グラクソスミスクラインが再発・難治性の多発性硬化症治療薬として開発した、B細胞成熟抗原(B-cell maturation antigen)を標的とする抗体薬物複合体(ADC)ベランタマブ・マフォドチンの承認申請をFDAが優先審査に指定した。承認されれば患者に届けられる初めての抗BCMA治療薬となる。

2019/12/16

抗BCMA抗体による多発性骨髄腫の治療

  • Pivotal DREAMM-2 study demonstrated a clinically meaningful overall response rate with belantamab mafodotin (GSK2857916) for patients with relapsed/refractory multiple myeloma (再発・難治性の多発性骨髄腫の患者を対象とする申請用臨床試験において、ベランタマブ(GSK2875916)は有意義な全奏効率を示した)
  • ベランタマブはグラクソがSeattle Geneticsのリンカー技術と協和発酵キリンのポテリジェント技術を導入して開発したADC(抗体薬物複合体)医薬であり、B細胞成熟抗原(BCMA)を標的としている。
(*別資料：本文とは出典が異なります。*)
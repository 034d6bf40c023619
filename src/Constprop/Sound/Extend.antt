-- ===== src/Constprop/Sound/Extend.antt =====
-- The sign extensions and the complement.
use lightrec.Base.{
  ℕ, suc, ◌+◌, ◌-◌, ◌*◌, ◌^◌, ◌<◌, ◌≡◌, IsU32, arith, bit_and, bit_or, lnot, min, inl, inr,
  Bool-cases, ap, sym, ◌∙◌, any_bit, sext8, sext16,
}
use lightrec.Base.Bits.{bit, bit-lt-two, bit-bit_and, bit-bit_or, bit-lnot, bit_of_zero}
use lightrec.Base.Bits.{bit_and-lt, bit_or-lt, lnot-lt}
use lightrec.Base.Bits.{
  sext8_digit, sext16_digit, sext8-lt, sext16-lt, upper_ones_digit, bit_high, pow-pos,
}
use native.Mathlib.Decide.{dec_lt}
use lightrec.Optimizer.MaskBits.{digit_of_any}
use lightrec.Constprop.Data.{ConstpropData}
use lightrec.Constprop.Describes.{Describes}
use lightrec.Constprop.Shift.{extc_consts, exts_consts, com_consts}

ruleset digits = (arith, bit-lt-two, bit-bit_and, bit-bit_or)

module _ {s : ConstpropData} {x : ℕ} (p : Describes s x) where
  -- The entry of the meta opcode COM describes the complement of the word.
  pub com-Describes : Describes (com_consts s) (lnot x)
  unfolding com_consts
  com-Describes = record {
    word = lnot-lt x;
    value_word = lnot-lt _;
    known_word = p.known_word;
    sign_word = p.sign_word;
    agrees = λ i hi h.
        omega (digits, bit-lnot s.value i p.value_word hi, bit-lnot x i p.word hi, p.agrees i hi h);
    copies = λ i hi h.
        omega (digits, bit-lnot x 31 p.word (omega arith), bit-lnot x i p.word hi, p.copies i hi h);
    upper = p.upper;
  }

  -- `ext` copies digit `n` into the `m` digits above it.
  module _ (n m : ℕ) (width : suc n + m ≡ 32) (ext : ℕ → ℕ)
      (ext_digit : (y i : ℕ) → i < 32 → bit (ext y) i ≡ bit y (min i n))
      (ext-lt : (y : ℕ) → IsU32 (ext y)) where
    -- Digit `n` is known: so are all above it.
    ext_known :
        IsU32 ((2 ^ m - 1) * 2 ^ suc n)
        → bit s.known n ≡ 1
        → Describes
            (record {
              value = ext s.value;
              known = bit_or s.known ((2 ^ m - 1) * 2 ^ suc n);
              sign = 0;
            })
            (ext x)
    ext_known fits top = record {
      word = ext-lt x;
      value_word = ext-lt _;
      known_word = bit_or-lt _ _ p.known_word fits;
      sign_word = omega arith;
      agrees = λ i hi h.
          ext_digit s.value i hi
          ∙ p.agrees (min i n) (omega arith) (known_below i hi h)
          ∙ sym (ext_digit x i hi);
      copies = λ i hi h. absurd (omega (arith, bit_of_zero i));
      upper = λ i j le hj h. absurd (omega (arith, bit_of_zero i));
    }
      where
        known_below :
            (i : ℕ)
            → i < 32
            → bit (bit_or s.known ((2 ^ m - 1) * 2 ^ suc n)) i ≡ 1
            → bit s.known (min i n) ≡ 1
        known_below i hi h = elim (dec_lt n i) [
          | yes above ↦ let e : min i n ≡ n = omega arith in rw e top
          | no below ↦
              let e : min i n ≡ i = omega arith in
              rw e (omega (digits, upper_ones_digit (suc n) m i width hi))
        ]

    -- Digit `n` is unknown: it and those above it copy the sign.
    ext_unknown :
        IsU32 ((2 ^ suc m - 1) * 2 ^ n)
        → Describes
            (record {
              value = ext s.value;
              known = bit_and s.known (2 ^ n - 1);
              sign = (2 ^ suc m - 1) * 2 ^ n;
            })
            (ext x)
    ext_unknown fits = record {
      word = ext-lt x;
      value_word = ext-lt _;
      known_word = bit_and-lt _ _ p.known_word;
      sign_word = fits;
      agrees = λ i hi h. elim (dec_lt i n) [
        | yes below ↦
            let e : min i n ≡ i = omega arith in
            ext_digit s.value i hi
            ∙ ap (bit s.value) e
            ∙ p.agrees i hi (omega digits)
            ∙ sym (ext_digit x i hi ∙ ap (bit x) e)
        | no above ↦
            absurd
              (omega (digits, bit_high n (2 ^ n - 1) i (omega (arith, pow-pos n)) (omega arith)))
      ];
      copies = λ i hi h.
          let e : min i n ≡ min 31 n =
            omega (arith, upper_ones_digit n (suc m) i (omega arith) hi) in
          ext_digit x i hi ∙ ap (bit x) e ∙ sym (ext_digit x 31 (omega arith));
      upper = λ i j le hj h. omega (
        arith,
        upper_ones_digit n (suc m) i (omega arith) (omega arith),
        upper_ones_digit n (suc m) j (omega arith) hj,
      );
    }

  -- The entry of EXTC describes the sign extension of the lowest byte, whether the byte's top bit is
  -- known or not.
  pub extc-Describes : Describes (extc_consts s) (sext8 x)
  unfolding extc_consts
  extc-Describes = elim (Bool-cases (any_bit s.known 0x80)) [
    | inl h ↦ rw h (
        ext_known 7 24 (omega arith) sext8 sext8_digit sext8-lt (omega arith)
          (digit_of_any s.known 7 h))
    | inr h ↦ rw h (ext_unknown 7 24 (omega arith) sext8 sext8_digit sext8-lt (omega arith))
  ]

  -- The entry of EXTS describes the sign extension of the lower half, whether its top bit is known
  -- or not.
  pub exts-Describes : Describes (exts_consts s) (sext16 x)
  unfolding exts_consts
  exts-Describes = elim (Bool-cases (any_bit s.known 0x8000)) [
    | inl h ↦ rw h (
        ext_known 15 16 (omega arith) sext16 sext16_digit sext16-lt (omega arith)
          (digit_of_any s.known 15 h))
    | inr h ↦ rw h (ext_unknown 15 16 (omega arith) sext16 sext16_digit sext16-lt (omega arith))
  ]
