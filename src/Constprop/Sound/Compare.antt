-- ===== src/Constprop/Sound/Compare.antt =====
-- The comparisons.
use lightrec.Base.{
  ℕ, zero, suc, ◌+◌, ◌-◌, ◌*◌, ◌/◌, ◌%◌, ◌^◌, ◌<◌, ◌≤◌, ◌≡◌, arith, bit_and, bit_xor, lnot, shr,
  slt32, ltb, inl, inr, Bool, Bool-cases, true, false, ap, sym, ◌∙◌, any_bit, if◌then◌else◌,
}
use native.Mathlib.Nat.{div-add-mod, mod-lt, mul-add-mod_self_left, mod-eq_of_lt}
use lightrec.Base.Bits.{
  bit, bit-lt-two, bit-bit_and, bit-bit_xor, xor_digit, bit-lnot, bit_of_zero, bit_xor-lt,
}
use lightrec.Base.Bits.{bit-div, bit_high, upper_ones_digit, pow-pos, pow_double}
use lightrec.Optimizer.MaskBits.{digit_of_any, bit_of_outside}
use lightrec.Constprop.Data.{ConstpropData, constant}
use lightrec.Constprop.Describes.{Describes, constant-Describes}
use lightrec.Constprop.Compare.{slt_loop, slt_consts}

abbrev truth : Bool → ℕ
truth b = if b then 1 else 0

-- A truth value, of which only the upper 31 digits are claimed.
truth-Describes :
    (b : Bool) → Describes (record { value = 0; known = 0xfffffffe; sign = 0 }) (truth b)
truth-Describes b = record {
  word = ground arith;
  value_word = omega arith;
  known_word = omega arith;
  sign_word = omega arith;
  agrees = λ i hi h. bit_of_zero i ∙ sym (upper_zero b i hi h);
  copies = λ i hi h. absurd (omega (arith, bit_of_zero i));
  upper = λ i j le hj h. absurd (omega (arith, bit_of_zero i));
}
  where
    upper_zero : (c : Bool) (i : ℕ) → i < 32 → bit 0xfffffffe i ≡ 1 → bit (truth c) i ≡ 0
    upper_zero true i hi h =
        bit_high 1 1 i (omega arith) (omega (arith, upper_ones_digit 1 31 i (omega arith) hi))
    upper_zero false i hi h = bit_of_zero i

digit-eq : (n x : ℕ) → x / 2 ^ n % 2 ≡ bit x n
unfolding bit
digit-eq n x = bit-div n x 0 ∙ ap (bit x) (let e : n + 0 ≡ n = omega arith in e)

-- The lowest `n + 1` digits are digit `n` and the lowest `n`.
split_digit : (n x : ℕ) → x % 2 ^ suc n ≡ bit x n * 2 ^ n + x % 2 ^ n
split_digit n x =
    let q = x / 2 ^ n in
    let r = x % 2 ^ n in
    let h = q / 2 in
    let b = q % 2 in
    let digit : b ≡ bit x n = digit-eq n x in
    let small : r < 2 ^ n = mod-lt x (pow-pos n) in
    let whole : 2 ^ n * q + r ≡ x = div-add-mod x (2 ^ n) in
    let halves : 2 ^ n * q ≡ 2 ^ n * (2 * h + b) =
      ap (λ (t : ℕ). 2 ^ n * t) (let e : q ≡ 2 * h + b = omega arith in e) in
    let same : x ≡ 2 ^ suc n * h + (b * 2 ^ n + r) =
      omega (arith, ap (λ (t : ℕ). t * h) (pow_double n)) in
    let fits : b * 2 ^ n + r < 2 ^ suc n =
      omega (arith, pow_double n, digit_times b (2 ^ n) (omega arith)) in
    ap (λ (t : ℕ). t % 2 ^ suc n) same
    ∙ mul-add-mod_self_left (2 ^ suc n) h (b * 2 ^ n + r)
    ∙ mod-eq_of_lt fits
    ∙ ap (λ (t : ℕ). t * 2 ^ n + r) digit
  where
    digit_times : (b m : ℕ) → b < 2 → b * m ≤ m
    digit_times zero m h = omega arith
    digit_times (suc zero) m h = omega arith
    digit_times (suc (suc b)) m h = absurd (omega arith)

-- The comparison of `n + 1` digits from the top ones and the comparison of the rest.
ltb_equal_top :
    (n x y : ℕ)
    → bit x n ≡ bit y n
    → ltb (x % 2 ^ suc n) (y % 2 ^ suc n) ≡ ltb (x % 2 ^ n) (y % 2 ^ n)
ltb_equal_top n x y e = rw (split_digit n x, split_digit n y, e) (ground arith)

ltb_top_one : (n x y : ℕ) → bit x n ≡ 1 → bit y n ≡ 0 → ltb (x % 2 ^ suc n) (y % 2 ^ suc n) ≡ false
ltb_top_one n x y e f =
    rw (split_digit n x, split_digit n y, e, f) (ground (arith, mod-lt y (pow-pos n)))

ltb_top_zero : (n x y : ℕ) → bit x n ≡ 0 → bit y n ≡ 1 → ltb (x % 2 ^ suc n) (y % 2 ^ suc n) ≡ true
ltb_top_zero n x y e f =
    rw (split_digit n x, split_digit n y, e, f) (ground (arith, mod-lt x (pow-pos n)))

module _ {s d : ConstpropData} {x y : ℕ} (p : Describes s x) (q : Describes d y) where
  -- Both digits are known: the entries show them.
  both_known :
      (n : ℕ)
      → n < 32
      → bit (bit_and s.known d.known) n ≡ 1
      → (bit s.value n ≡ bit x n) × (bit d.value n ≡ bit y n)
  both_known n hn h = (
    p.agrees n hn (omega (arith, bit-bit_and s.known d.known n, bit-lt-two s.known n)),
    q.agrees n hn (omega (arith, bit-bit_and s.known d.known n, bit-lt-two d.known n)),
  )

  differ_digit :
      (n : ℕ)
      → n < 32
      → bit (lnot (bit_xor s.value d.value)) n ≡ 1 - xor_digit (bit s.value n) (bit d.value n)
  differ_digit n hn =
      bit-lnot (bit_xor s.value d.value) n (bit_xor-lt _ _ p.value_word q.value_word) hn
      ∙ ap (λ (t : ℕ). 1 - t) (bit-bit_xor s.value d.value n)

  slt_loop-Describes :
      (n : ℕ) → n ≤ 32 → Describes (slt_loop n s d) (truth (ltb (x % 2 ^ n) (y % 2 ^ n)))
  unfolding slt_loop xor_digit
  slt_loop-Describes zero hn =
      let e : x % 1 ≡ 0 = omega arith in
      let f : y % 1 ≡ 0 = omega arith in rw (e, f) (constant-Describes 0 (omega arith))
  slt_loop-Describes (suc n) hn = elim (Bool-cases (any_bit (bit_and s.known d.known) (2 ^ n))) [
    | inr unknown ↦ rw unknown (truth-Describes (ltb (x % 2 ^ suc n) (y % 2 ^ suc n)))
    | inl known ↦
        let k = both_known n (omega arith) (digit_of_any _ n known) in
        elim (Bool-cases (any_bit (lnot (bit_xor s.value d.value)) (2 ^ n))) [
          | inl equal ↦
              rw
                (
                  known,
                  equal,
                  ltb_equal_top n x y (
                      omega (
                        arith,
                        k,
                        differ_digit n (omega arith),
                        digit_of_any _ n equal,
                        bit-lt-two x n,
                        bit-lt-two y n,
                      )),
                )
                (slt_loop-Describes n (omega arith))
          | inr differ ↦
              let o = omega_differ n (omega arith) (bit_of_outside _ n differ) in
              elim (Bool-cases (any_bit s.value (2 ^ n))) [
                | inl one ↦
                    rw
                      (
                        known,
                        differ,
                        one,
                        ltb_top_one n x y (omega (arith, k, digit_of_any _ n one))
                            (omega (arith, k, o, digit_of_any _ n one)),
                      )
                      (constant-Describes 0 (omega arith))
                | inr zero' ↦
                    rw
                      (
                        known,
                        differ,
                        zero',
                        ltb_top_zero n x y (omega (arith, k, bit_of_outside _ n zero'))
                            (omega (arith, k, o, bit_of_outside _ n zero')),
                      )
                      (constant-Describes 1 (omega arith))
              ]
        ]
  ]
    where
      omega_differ :
          (m : ℕ)
          → m < 32
          → bit (lnot (bit_xor s.value d.value)) m ≡ 0
          → bit s.value m + bit d.value m ≡ 1
      omega_differ m hm z =
          omega (arith, differ_digit m hm, bit-lt-two s.value m, bit-lt-two d.value m)

  -- The entry that `lightrec_propagate_slt` computes for an unsigned comparison describes its truth
  -- value, 1 or 0.
  pub sltu-Describes : Describes (slt_consts false s d) (truth (ltb x y))
  unfolding slt_consts
  sltu-Describes =
      let e : x % 2 ^ 32 ≡ x = omega (arith, p.word) in
      let f : y % 2 ^ 32 ≡ y = omega (arith, q.word) in
      rw (e, f) at (slt_loop-Describes 32 (omega arith))

  -- With equal signs the signed order is the unsigned one.
  slt_same_sign : bit x 31 ≡ bit y 31 → slt32 x y ≡ ltb (x % 2 ^ 32) (y % 2 ^ 32)
  unfolding slt32
  slt_same_sign e = ground (arith, p.word, q.word, digit-eq 31 x, digit-eq 31 y)

  -- With opposite signs the negative one is smaller.
  slt_opposite :
      bit x 31 + bit y 31 ≡ 1 → shr s.value 31 ≡ bit x 31 → shr s.value 31 ≡ truth (slt32 x y)
  unfolding slt32 shr
  slt_opposite e f = ground (arith, p.word, q.word, digit-eq 31 x, digit-eq 31 y)

  top_shifted : bit s.value 31 ≡ bit x 31 → shr s.value 31 ≡ bit x 31
  unfolding shr
  top_shifted e = omega (arith, p.value_word, digit-eq 31 s.value)

  slt_tops_known :
      bit (bit_and (bit_and s.known d.known) (bit_xor s.value d.value)) 31 ≡ 1
      → Describes (constant (shr s.value 31)) (truth (slt32 x y))
  unfolding xor_digit
  slt_tops_known h =
      let t = top_digits in
      let e : shr s.value 31 ≡ truth (slt32 x y) = slt_opposite t.0 (top_shifted t.1) in
      rw e (constant-Describes (truth (slt32 x y)) (ground arith))
    where
      top_digits : (bit x 31 + bit y 31 ≡ 1) × (bit s.value 31 ≡ bit x 31)
      top_digits =
          let w = bit-bit_and (bit_and s.known d.known) (bit_xor s.value d.value) 31 in
          let o : bit (bit_and s.known d.known) 31 ≡ 1 =
            omega (arith, h, w, bit-lt-two (bit_and s.known d.known) 31) in
          let k = both_known 31 (omega arith) o in
          (
            omega
                (arith, k, h, w, bit-bit_xor s.value d.value 31, bit-lt-two x 31, bit-lt-two y 31),
            k.0,
          )

  slt_tops_equal :
      bit (bit_and (bit_and s.known d.known) (bit_xor s.value d.value)) 31 ≡ 0
      → Describes (slt_loop 32 s d) (truth (slt32 x y))
  unfolding slt_loop xor_digit
  slt_tops_equal h = elim (Bool-cases (any_bit (bit_and s.known d.known) 0x80000000)) [
    | inr unknown ↦ rw unknown (truth-Describes (slt32 x y))
    | inl known ↦
        let o = digit_of_any (bit_and s.known d.known) 31 known in
        let k = both_known 31 (omega arith) o in
        let e : bit x 31 ≡ bit y 31 = omega (
          arith,
          k,
          o,
          h,
          bit-bit_and (bit_and s.known d.known) (bit_xor s.value d.value) 31,
          bit-bit_xor s.value d.value 31,
          bit-lt-two x 31,
          bit-lt-two y 31,
        ) in
        rw (slt_same_sign e) (slt_loop-Describes 32 (omega arith))
  ]

  -- The entry that `lightrec_propagate_slt` computes for a signed comparison describes its truth
  -- value, 1 or 0.
  pub slt-Describes : Describes (slt_consts true s d) (truth (slt32 x y))
  unfolding slt_consts
  slt-Describes =
      elim (Bool-cases
        (any_bit (bit_and (bit_and s.known d.known) (bit_xor s.value d.value)) 0x80000000)) [
          | inl h ↦ rw h (slt_tops_known (digit_of_any _ 31 h))
          | inr h ↦ rw h (slt_tops_equal (bit_of_outside _ 31 h))
        ]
すでに多重治療が施され、CD38標的抗体医薬に対して不耐容となった再発・難治性の多発性骨髄腫の患者97例を登録した申請用フェーズ3試験において31%の全奏効率を示した。

(参考)
ヤンセンが開発したCD38標的抗体ダーザレックスは2015年に承認され、多発性骨髄腫を適応症として2018年売上高は20憶㌦に達した。その他のCD38標的抗体はサノフィが開発中のイサツキシマブが昨年(2019年)7月にBLA申請が受理されている。臨床段階にある抗BCMA抗体医薬はGSKのベランタマブだけである。

2019/12/06

多発性骨髄腫を対象とするCAR-T治療薬をFDAが画期的治療に指定

  • Janssen Announces BCMA CAR-T Therapy JNJ-4528 Granted U.S. FDA Breakthrough Therapy Designation for the Treatment of Relapsed or Refractory Multiple Myeloma (ヤンセンが開発中のBCMA標的CAR-T治療薬JNJ-4528が再発性・難治性の多発性骨髄腫に対してFDAの画期的治療指定(BTD)を取得した)

(参考)
CAR-T治療薬として初めて承認されたキムリア(ノバルティス)は2017年8月にB細胞急性リンパ性白血病(ALL)、2018年5月にB細胞リンパ腫の適応症を取得し、続いて慢性リンパ性白血病(CLL)に対する適応を模索している。カイト(現ギリアド)が2017年10月に承認取得したイエスカルタはびまん性大細胞B細胞リンパ腫を適応症としており、急性リンパ性白血病(ALL)についてはフェーズ1/2臨床試験の段階にある。骨髄腫を対象とする臨床試験を実施しているCAR-T治療薬は、現時点ではヤンセンのJNJ-4528だけである。